I considered the crane ( only a 17 ton boom)for the whole job, but decided against it for several reasons:

Very tite spot for staging crane and tree parts.

87 feet of boom not enough to safely get the cable above the branches.

Crane fees go way up when used for limbing, too time consuming unless huge parts can be taken, an impossibility with this tree.

I thought of using it for some of the limbs, but that would not have worked either, unless we lowered out the back of the tree and the top first, before he got there. 

Anyhow, the speedlining was fun, not overly hard, or awfully slow.


----------



## rbtree (Jun 29, 2002)

How's about this cornus kousa?!! We have it all tied back, it barely survived the carnage....Phew.

looks like john's brain bucket fell off.......

And the freshly washed truck/chipper....bout time!!


----------



## rbtree (Jun 29, 2002)

Oops, dubble pic, sorry.

How bout this view, eh?!

Too bad it was a bit hazy, and the cedar is in front of Mt Rainier. Plus, the Juanita hills obscure most of the Cascades.

Dang, the sun left us yesterday, and it rained all day today.

I'm going to a logging show manana, then a party at Crystal Mt ski area, dang this PNWet anyhow!!!


----------



## rbtree (Jun 29, 2002)

Free dropping is always fun, specially into postage stamp lz's....

We had the Hobbs all set up, guess we just got casual, lazy or...

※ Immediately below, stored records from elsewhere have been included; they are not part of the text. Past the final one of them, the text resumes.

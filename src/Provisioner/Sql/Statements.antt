-- ===== src/Provisioner/Sql/Statements.antt =====
-- No name and no password changes what a statement means: api/src/services/provisioner.rs (lines 738 to 797).
use dbsaa_s.Prelude.{refl, ◌∙◌, ap, String}
use dbsaa_s.Text.Laws.{codes-concat}
use dbsaa_s.Models.Access.{DbPermission}
use dbsaa_s.Provisioner.Sql.{
  escape_sql_literal, escape_sql_identifier, create_role_sql, alter_role_sql, drop_role_sql,
  pg_grant_sql, create_role_parts, alter_role_parts, drop_role_parts, pg_grant_parts,
}
use dbsaa_s.Provisioner.Sql.Reading.{
  Template, finish, hole, Quote, ReadsAs, read, bare, read-flat, flat, is_plain,
}

-- A value in double quotes after a text.
abbrev name : String → String → Template → Template
name text value rest = hole text Quote.double value rest

abbrev pub role_template : String → String → String → String → Template
role_template head between username password =
    name head username (hole between Quote.single password (finish ";"))

abbrev pub drop_template : String → String → Template
drop_template db user = name "REVOKE ALL PRIVILEGES ON ALL TABLES IN SCHEMA public FROM " user (
    name "; REVOKE ALL PRIVILEGES ON ALL SEQUENCES IN SCHEMA public FROM " user (
      name "; REVOKE ALL PRIVILEGES ON DATABASE " db (
        name " FROM " user (
          name "; REVOKE USAGE ON SCHEMA public FROM " user
            (name "; DROP ROLE IF EXISTS " user (finish ";"))))))

abbrev pub grant_template : DbPermission → String → String → Template
grant_template DbPermission.admin db user = name "GRANT ALL PRIVILEGES ON DATABASE " db (
    name " TO " user (
      name "; GRANT ALL PRIVILEGES ON ALL TABLES IN SCHEMA public TO " user (
        name "; GRANT ALL PRIVILEGES ON ALL SEQUENCES IN SCHEMA public TO " user (
          name "; ALTER DEFAULT PRIVILEGES IN SCHEMA public GRANT ALL PRIVILEGES ON TABLES TO " user
            (name
              "; ALTER DEFAULT PRIVILEGES IN SCHEMA public GRANT ALL PRIVILEGES ON SEQUENCES TO "
              user (finish ";"))))))
grant_template DbPermission.read_write db user = name "GRANT CONNECT ON DATABASE " db (
    name " TO " user (
      name "; GRANT USAGE ON SCHEMA public TO " user (
        name "; GRANT SELECT, INSERT, UPDATE, DELETE ON ALL TABLES IN SCHEMA public TO " user (
          name "; GRANT USAGE, SELECT ON ALL SEQUENCES IN SCHEMA public TO " user (
            name
              "; ALTER DEFAULT PRIVILEGES IN SCHEMA public GRANT SELECT, INSERT, UPDATE, DELETE ON TABLES TO "
              user
              (name
                "; ALTER DEFAULT PRIVILEGES IN SCHEMA public GRANT USAGE, SELECT ON SEQUENCES TO "
                user (finish ";")))))))
grant_template DbPermission.read_only db user = name "GRANT CONNECT ON DATABASE " db (
    name " TO " user (
      name "; GRANT USAGE ON SCHEMA public TO " user (
        name "; GRANT SELECT ON ALL TABLES IN SCHEMA public TO " user (
          name "; ALTER DEFAULT PRIVILEGES IN SCHEMA public GRANT SELECT ON TABLES TO " user
            (finish ";")))))

ReadsAs-create_role :
    (user password : String)
    → ReadsAs
        (create_role_sql user password)
        (role_template "CREATE ROLE " " WITH LOGIN PASSWORD " user password)
unfolding create_role_sql create_role_parts escape_sql_literal escape_sql_identifier flat is_plain
ReadsAs-create_role user password =
    ap (read bare) (codes-concat (create_role_parts user password)) ∙ read-flat _ refl

ReadsAs-alter_role :
    (user password : String)
    → ReadsAs
        (alter_role_sql user password)
        (role_template "ALTER ROLE " " WITH PASSWORD " user password)
unfolding alter_role_sql alter_role_parts escape_sql_literal escape_sql_identifier flat is_plain
ReadsAs-alter_role user password =
    ap (read bare) (codes-concat (alter_role_parts user password)) ∙ read-flat _ refl

ReadsAs-drop_role : (db user : String) → ReadsAs (drop_role_sql db user) (drop_template db user)
unfolding drop_role_sql drop_role_parts escape_sql_identifier flat is_plain
ReadsAs-drop_role db user =
    ap (read bare) (codes-concat (drop_role_parts db user)) ∙ read-flat (drop_template db user) refl

ReadsAs-pg_grant :
    (permission : DbPermission) (db user : String)
    → ReadsAs (pg_grant_sql permission db user) (grant_template permission db user)
unfolding pg_grant_sql pg_grant_parts escape_sql_identifier flat is_plain
ReadsAs-pg_grant DbPermission.admin db user =
    ap (read bare) (codes-concat (pg_grant_parts DbPermission.admin db user))
    ∙ read-flat (grant_template DbPermission.admin db user) refl
ReadsAs-pg_grant DbPermission.read_write db user =
    ap (read bare) (codes-concat (pg_grant_parts DbPermission.read_write db user))
    ∙ read-flat (grant_template DbPermission.read_write db user) refl
ReadsAs-pg_grant DbPermission.read_only db user =
    ap (read bare) (codes-concat (pg_grant_parts DbPermission.read_only db user))
    ∙ read-flat (grant_template DbPermission.read_only db user) refl

-- Whatever the names of the user and of the database and the password are, PostgreSQL reads each statement
-- that creates, alters, drops or empowers a role as its fixed text, with a quoted identifier that spells the
-- name in each place for a name and a literal that spells the password in the place for it.
pub role_statements-ReadsAs :
    (user password db : String) (permission : DbPermission)
    → ReadsAs
        (create_role_sql user password)
        (role_template "CREATE ROLE " " WITH LOGIN PASSWORD " user password)
      × ReadsAs
          (alter_role_sql user password)
          (role_template "ALTER ROLE " " WITH PASSWORD " user password)
      × ReadsAs (drop_role_sql db user) (drop_template db user)
      × ReadsAs (pg_grant_sql permission db user) (grant_template permission db user)
role_statements-ReadsAs user password db permission = (
  ReadsAs-create_role user password,
  ReadsAs-alter_role user password,
  ReadsAs-drop_role db user,
  ReadsAs-pg_grant permission db user,
)
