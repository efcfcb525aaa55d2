-- ===== src/Repository.antt =====
-- The SQL statements of api/src/repository, as operations on the tables of the state. The database
-- answers every statement; a statement fails where it breaks a constraint of api/migrations.
pub mod Networks
pub mod Peerings
pub mod Billing
pub mod Databases
pub mod Accounts
pub mod Schedules
pub mod Users
pub mod Alerts
pub mod Invitations
pub mod Servers
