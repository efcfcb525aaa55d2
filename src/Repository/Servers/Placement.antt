-- ===== src/Repository/Servers/Placement.antt =====
-- Which server a new database goes to: api/src/repository/docker_server_repo.rs (lines 144 to 165).
use dbsaa_s.Prelude.{
  ◌≡◌, refl, sym, ◌∙◌, ap, subst, Bool, true, false, Option, none, some, List, [], ◌∷◌, ◌&&◌, ◌⊎◌,
  inl, inr, leb→le, select, All, arith, if◌then◌else◌, ◌<◌, All-map, and-left, and-right, not-true,
}
use dbsaa_s.Prelude.Int.{ℤ, pos_part, leb_ℤ, ◌≤ℤ◌, suc-le}
use dbsaa_s.Models.{DatabaseInstance, DockerServer}
use dbsaa_s.Errors.{ok}
use dbsaa_s.Platform.{State, run}
use dbsaa_s.Repository.Servers.{
  is_active_client, has_room, containers_on, room, roomier, best, select_best_client_server,
}

abbrev pub Among : {A : Type 0} → A → List A → Type 0
Among v [] = ⊥
Among v (u ∷ us) = (v ≡ u) ⊎ Among v us

Among-select :
    {A : Type 0} (p : A → Bool) (v : A) (l : List A)
    → Among v (select p l)
    → Among v l × (p v ≡ true)
Among-select p v [] h = absurd h
Among-select p v (u ∷ us) h = go (p u) refl h (Among-select p v us)
  where
    go :
        (b : Bool)
        → p u ≡ b
        → Among v (if b then u ∷ select p us else select p us)
        → (Among v (select p us) → Among v us × (p v ≡ true))
        → ((v ≡ u) ⊎ Among v us) × (p v ≡ true)
    go true e (inl same) ih = (inl same, ap p same ∙ e)
    go true e (inr later) ih = let (m, q) = ih later in (inr m, q)
    go false e later ih = let (m, q) = ih later in (inr m, q)

≤ℤ-refl : (a : ℤ) → a ≤ℤ a
≤ℤ-refl a = omega arith

≤ℤ-trans : (a b c : ℤ) → a ≤ℤ b → b ≤ℤ c → a ≤ℤ c
≤ℤ-trans a b c h k = omega arith

module _ (instances : List DatabaseInstance) where
  abbrev pub Roomiest : DockerServer → List DockerServer → Type 0
  Roomiest v servers = All (λ u. room instances u ≤ℤ room instances v) servers

  -- The choice from a list of candidates: none if there are none, or one of them with the most room.
  abbrev IsBest : List DockerServer → Option DockerServer → Type 0
  IsBest servers none = servers ≡ []
  IsBest servers (some v) = Among v servers × Roomiest v servers

  roomier-IsBest :
      (s : DockerServer) (rest : List DockerServer) (o : Option DockerServer)
      → IsBest rest o
      → IsBest (s ∷ rest) (roomier instances s o)
  roomier-IsBest s rest none e =
      (inl refl, (≤ℤ-refl (room instances s), subst (Roomiest s) (sym e) tt))
  roomier-IsBest s rest (some t) (mem, most) = go (leb_ℤ (room instances t) (room instances s)) refl
    where
      go :
          (b : Bool)
          → leb_ℤ (room instances t) (room instances s) ≡ b
          → IsBest (s ∷ rest) (if b then some s else some t)
      go true e = (
        inl refl,
        (
          ≤ℤ-refl (room instances s),
          All-map (λ u. room instances u ≤ℤ room instances t)
              (λ u. room instances u ≤ℤ room instances s)
              (λ u h.
                ≤ℤ-trans (room instances u) (room instances t) (room instances s) h (leb→le _ _ e))
              rest most,
        ),
      )
      go false e = (inr mem, (ground arith, most))

  best-IsBest : (servers : List DockerServer) → IsBest servers (best instances servers)
  best-IsBest [] = refl
  best-IsBest (s ∷ rest) = roomier-IsBest s rest (best instances rest) (best-IsBest rest)

abbrev pub candidates : {W : Type 0} → State W → List DockerServer
candidates s = select (λ v. is_active_client v && has_room s.instances v) s.servers

-- What a client of the repository may rely on.
abbrev pub IsPlaced : {W : Type 0} → State W → Option DockerServer → Type 0
IsPlaced s none = candidates s ≡ []
IsPlaced s (some v) =
    Among v s.servers
    × (is_active_client v ≡ true)
    × (containers_on s.instances v.id < pos_part v.max_containers)
    × Roomiest s.instances v (candidates s)

best-IsPlaced :
    {W : Type 0} (s : State W) (o : Option DockerServer)
    → IsBest s.instances (candidates s) o
    → IsPlaced s o
best-IsPlaced s none h = h
best-IsPlaced s (some v) (mem, most) =
    let (there, fit) =
      Among-select (λ v. is_active_client v && has_room s.instances v) v s.servers mem in
    (
      there,
      and-left _ _ fit,
      suc-le v.max_containers (containers_on s.instances v.id) (not-true _ (and-right _ _ fit)),
      most,
    )

-- The server chosen for a new database is an active one for clients that has fewer containers than it may have,
-- and none of these has more room; where none is chosen, there is none. The choice changes nothing.
pub select_best_client_server-IsPlaced :
    {W : Type 0} (s : State W)
    → (o : Option DockerServer) × (select_best_client_server s ≡ (ok o, s)) × IsPlaced s o
unfolding select_best_client_server run
select_best_client_server-IsPlaced s = (
  best s.instances (candidates s),
  refl,
  best-IsPlaced s _ (best-IsBest s.instances (candidates s)),
)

I was shooting pics for two hours plus, let the guys do their thing..... The other side of the tree had just enuf room to free drop 4-6 footers, that is faster than lowering, as it frees up the groundies to do other things. But we could have lowered out those two on the house side, I reckon.


----------



## rbtree (Jun 29, 2002)

oops, sorry guys, thought I was on my thread.....

my bad.....


----------